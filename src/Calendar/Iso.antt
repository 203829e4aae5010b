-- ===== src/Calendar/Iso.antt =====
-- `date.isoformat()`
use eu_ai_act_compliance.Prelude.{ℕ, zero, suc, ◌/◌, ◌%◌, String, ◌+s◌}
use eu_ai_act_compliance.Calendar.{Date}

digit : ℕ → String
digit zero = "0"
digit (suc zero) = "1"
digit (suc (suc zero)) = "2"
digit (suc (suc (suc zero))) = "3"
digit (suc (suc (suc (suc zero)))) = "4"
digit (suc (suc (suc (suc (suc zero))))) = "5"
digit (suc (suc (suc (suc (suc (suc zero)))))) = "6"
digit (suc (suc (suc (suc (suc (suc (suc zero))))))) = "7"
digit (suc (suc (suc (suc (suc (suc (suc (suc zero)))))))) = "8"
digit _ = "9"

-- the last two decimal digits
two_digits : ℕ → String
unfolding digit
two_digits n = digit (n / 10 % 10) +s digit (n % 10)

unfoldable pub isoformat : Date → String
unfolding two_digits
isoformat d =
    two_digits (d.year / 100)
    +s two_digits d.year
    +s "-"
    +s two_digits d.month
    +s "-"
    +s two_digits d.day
____________
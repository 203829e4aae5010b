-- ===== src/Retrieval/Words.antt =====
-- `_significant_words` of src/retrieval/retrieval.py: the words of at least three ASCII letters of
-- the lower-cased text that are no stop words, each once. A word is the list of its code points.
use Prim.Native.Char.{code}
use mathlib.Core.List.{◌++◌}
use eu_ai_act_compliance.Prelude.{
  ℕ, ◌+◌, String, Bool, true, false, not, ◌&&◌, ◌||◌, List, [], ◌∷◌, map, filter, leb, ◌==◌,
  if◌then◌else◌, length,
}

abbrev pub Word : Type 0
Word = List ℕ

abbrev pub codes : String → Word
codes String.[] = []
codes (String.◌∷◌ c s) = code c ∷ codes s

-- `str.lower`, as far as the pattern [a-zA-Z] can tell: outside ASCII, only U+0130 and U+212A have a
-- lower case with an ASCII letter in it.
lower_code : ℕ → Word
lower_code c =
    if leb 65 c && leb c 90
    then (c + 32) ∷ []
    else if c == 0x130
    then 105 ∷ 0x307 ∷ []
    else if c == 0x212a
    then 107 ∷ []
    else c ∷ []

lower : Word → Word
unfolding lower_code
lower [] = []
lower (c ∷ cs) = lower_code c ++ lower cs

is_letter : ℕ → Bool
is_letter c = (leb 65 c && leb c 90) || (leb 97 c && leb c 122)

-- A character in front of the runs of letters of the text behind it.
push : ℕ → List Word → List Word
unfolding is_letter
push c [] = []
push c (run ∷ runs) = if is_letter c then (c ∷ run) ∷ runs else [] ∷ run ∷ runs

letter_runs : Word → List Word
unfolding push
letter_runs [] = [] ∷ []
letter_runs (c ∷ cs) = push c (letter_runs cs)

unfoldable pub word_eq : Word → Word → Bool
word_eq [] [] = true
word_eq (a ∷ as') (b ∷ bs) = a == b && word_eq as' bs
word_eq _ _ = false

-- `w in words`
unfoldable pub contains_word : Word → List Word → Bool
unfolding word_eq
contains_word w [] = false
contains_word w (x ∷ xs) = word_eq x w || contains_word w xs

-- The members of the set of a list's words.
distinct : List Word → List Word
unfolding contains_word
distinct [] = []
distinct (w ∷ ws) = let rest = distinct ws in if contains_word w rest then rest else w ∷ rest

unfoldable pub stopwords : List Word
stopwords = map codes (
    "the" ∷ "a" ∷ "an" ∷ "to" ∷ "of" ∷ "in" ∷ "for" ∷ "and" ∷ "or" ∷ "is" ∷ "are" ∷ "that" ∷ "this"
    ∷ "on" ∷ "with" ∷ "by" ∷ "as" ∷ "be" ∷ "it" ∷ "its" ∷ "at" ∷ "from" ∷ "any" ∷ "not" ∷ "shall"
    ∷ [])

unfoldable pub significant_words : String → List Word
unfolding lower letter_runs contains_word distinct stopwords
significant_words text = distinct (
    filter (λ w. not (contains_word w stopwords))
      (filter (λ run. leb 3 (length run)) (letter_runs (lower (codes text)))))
____________
● **Exercise details**: Report all lines of the material that contain the word "unfolding".

● **Solution for this exercise**:
unfolding digit
unfolding two_digits
unfolding lower_code
unfolding is_letter
unfolding push
unfolding word_eq
unfolding contains_word
unfolding lower letter_runs contains_word distinct stopwords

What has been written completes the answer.